Records from a data source:

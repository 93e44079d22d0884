-- ===== src/Game/Version/Index.antt =====
-- The index of the names in the merge of libraries of game/version.rs: where a name stands in a list of
-- distinct names.
use rc_launcher.Base.{
  ℕ, suc, ◌≡◌, refl, sym, true, false, ◌||◌, Option, none, some, List, [], ◌∷◌, ◌++◌, length,
  if◌then◌else◌, Bool-cases, or_false, Option-cases, arith, ◌⊎◌, inl, inr, some-injective,
}
use rc_launcher.Base.Text.{Text, text_eq, text_eq_comm, contains}

-- The first place of a name.
unfoldable pub index_of : Text → List Text → Option ℕ
index_of n [] = none
index_of n (x ∷ xs) =
    if text_eq x n then some 0 else elim (index_of n xs) [ none ↦ none | some i ↦ some (suc i) ]

pub index_of-head :
    (n x : Text) (xs : List Text) (i : ℕ)
    → index_of n (x ∷ xs) ≡ some i
    → ((text_eq x n ≡ true) × (i ≡ 0))
      ⊎ ((text_eq x n ≡ false) × ((j : ℕ) × (i ≡ suc j) × (index_of n xs ≡ some j)))
unfolding index_of
index_of-head n x xs i h = elim (Bool-cases (text_eq x n)) [
  | inl e ↦ inl (e, some-injective (sym (rw e at h)))
  | inr e ↦ elim (Option-cases (index_of n xs)) [
    | inl q ↦ absurd (cc (rw (e, q) at h))
    | inr (j, q) ↦ inr (e, (j, some-injective (sym (rw (e, q) at h)), q))
  ]
]

unfoldable pub Distinct : List Text → Type 0
Distinct [] = Unit {0}
Distinct (x ∷ xs) = (contains x xs ≡ false) × Distinct xs

pub index_of-none : (n : Text) (ns : List Text) → index_of n ns ≡ none → contains n ns ≡ false
unfolding index_of contains
index_of-none n [] h = refl
index_of-none n (x ∷ xs) h = elim (Bool-cases (text_eq x n)) [
  | inl e ↦ absurd (cc (rw (e) at h))
  | inr e ↦ elim (Option-cases (index_of n xs)) [
    | inl q ↦ rw (text_eq_comm n x, e, index_of-none n xs q) refl
    | inr (i, q) ↦ absurd (cc (rw (e, q) at h))
  ]
]

pub index_of-some :
    (n : Text) (ns : List Text) (i : ℕ) → index_of n ns ≡ some i → contains n ns ≡ true
unfolding contains index_of
index_of-some n [] i h = absurd (cc)
index_of-some n (x ∷ xs) i h = elim (index_of-head n x xs i h) [
  | inl (e, z) ↦ rw (text_eq_comm n x, e) refl
  | inr (e, (j, z, q)) ↦ rw (text_eq_comm n x, e, index_of-some n xs j q) refl
]

contains-push :
    (n x : Text) (ns : List Text) → contains n (ns ++ (x ∷ [])) ≡ (contains n ns || text_eq n x)
unfolding contains
contains-push n x [] = ground arith
contains-push n x (y ∷ ys) = let e = contains-push n x ys in ground (arith, e)

pub Distinct-push :
    (n : Text) (ns : List Text) → contains n ns ≡ false → Distinct ns → Distinct (ns ++ (n ∷ []))
unfolding Distinct contains
Distinct-push n [] h d = (refl, tt)
Distinct-push n (x ∷ xs) h d =
    let (a, b) = or_false (text_eq n x) (contains n xs) h in
    (rw (contains-push x n xs, d.0, text_eq_comm x n, a) refl, Distinct-push n xs b d.1)

pub index_of-push :
    (n x : Text) (ns : List Text)
    → index_of n (ns ++ (x ∷ [])) ≡ elim (index_of n ns) [
      | some i ↦ some i
      | none ↦ if text_eq x n then some (length ns) else none
    ]
unfolding index_of
index_of-push n x [] = elim (Bool-cases (text_eq x n)) [ inl e ↦ rw (e) refl | inr e ↦ rw (e) refl ]
index_of-push n x (y ∷ ys) = let e = index_of-push n x ys in ground (arith, e)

**EXERCISE DETAILS**.
The response should contain each record above, retyped exactly.

**TASK ANSWER**.
repository 93e44079d22d0884
-- ===== src/Game/Version/Index.antt =====
-- The index of the names in the merge of libraries of game/version.rs: where a name stands in a list of
-- distinct names.
use rc_launcher.Base.{
  ℕ, suc, ◌≡◌, refl, sym, true, false, ◌||◌, Option, none, some, List, [], ◌∷◌, ◌++◌, length,
  if◌then◌else◌, Bool-cases, or_false, Option-cases, arith, ◌⊎◌, inl, inr, some-injective,
}
use rc_launcher.Base.Text.{Text, text_eq, text_eq_comm, contains}

-- The first place of a name.
unfoldable pub index_of : Text → List Text → Option ℕ
index_of n [] = none
index_of n (x ∷ xs) =
    if text_eq x n then some 0 else elim (index_of n xs) [ none ↦ none | some i ↦ some (suc i) ]

pub index_of-head :
    (n x : Text) (xs : List Text) (i : ℕ)
    → index_of n (x ∷ xs) ≡ some i
    → ((text_eq x n ≡ true) × (i ≡ 0))
      ⊎ ((text_eq x n ≡ false) × ((j : ℕ) × (i ≡ suc j) × (index_of n xs ≡ some j)))
unfolding index_of
index_of-head n x xs i h = elim (Bool-cases (text_eq x n)) [
  | inl e ↦ inl (e, some-injective (sym (rw e at h)))
  | inr e ↦ elim (Option-cases (index_of n xs)) [
    | inl q ↦ absurd (cc (rw (e, q) at h))
    | inr (j, q) ↦ inr (e, (j, some-injective (sym (rw (e, q) at h)), q))
  ]
]

unfoldable pub Distinct : List Text → Type 0
Distinct [] = Unit {0}
Distinct (x ∷ xs) = (contains x xs ≡ false) × Distinct xs

pub index_of-none : (n : Text) (ns : List Text) → index_of n ns ≡ none → contains n ns ≡ false
unfolding index_of contains
index_of-none n [] h = refl
index_of-none n (x ∷ xs) h = elim (Bool-cases (text_eq x n)) [
  | inl e ↦ absurd (cc (rw (e) at h))
  | inr e ↦ elim (Option-cases (index_of n xs)) [
    | inl q ↦ rw (text_eq_comm n x, e, index_of-none n xs q) refl
    | inr (i, q) ↦ absurd (cc (rw (e, q) at h))
  ]
]

pub index_of-some :
    (n : Text) (ns : List Text) (i : ℕ) → index_of n ns ≡ some i → contains n ns ≡ true
unfolding contains index_of
index_of-some n [] i h = absurd (cc)
index_of-some n (x ∷ xs) i h = elim (index_of-head n x xs i h) [
  | inl (e, z) ↦ rw (text_eq_comm n x, e) refl
  | inr (e, (j, z, q)) ↦ rw (text_eq_comm n x, e, index_of-some n xs j q) refl
]

contains-push :
    (n x : Text) (ns : List Text) → contains n (ns ++ (x ∷ [])) ≡ (contains n ns || text_eq n x)
unfolding contains
contains-push n x [] = ground arith
contains-push n x (y ∷ ys) = let e = contains-push n x ys in ground (arith, e)

pub Distinct-push :
    (n : Text) (ns : List Text) → contains n ns ≡ false → Distinct ns → Distinct (ns ++ (n ∷ []))
unfolding Distinct contains
Distinct-push n [] h d = (refl, tt)
Distinct-push n (x ∷ xs) h d =
    let (a, b) = or_false (text_eq n x) (contains n xs) h in
    (rw (contains-push x n xs, d.0, text_eq_comm x n, a) refl, Distinct-push n xs b d.1)

pub index_of-push :
    (n x : Text) (ns : List Text)
    → index_of n (ns ++ (x ∷ [])) ≡ elim (index_of n ns) [
      | some i ↦ some i
      | none ↦ if text_eq x n then some (length ns) else none
    ]
unfolding index_of
index_of-push n x [] = elim (Bool-cases (text_eq x n)) [ inl e ↦ rw (e) refl | inr e ↦ rw (e) refl ]
index_of-push n x (y ∷ ys) = let e = index_of-push n x ys in ground (arith, e)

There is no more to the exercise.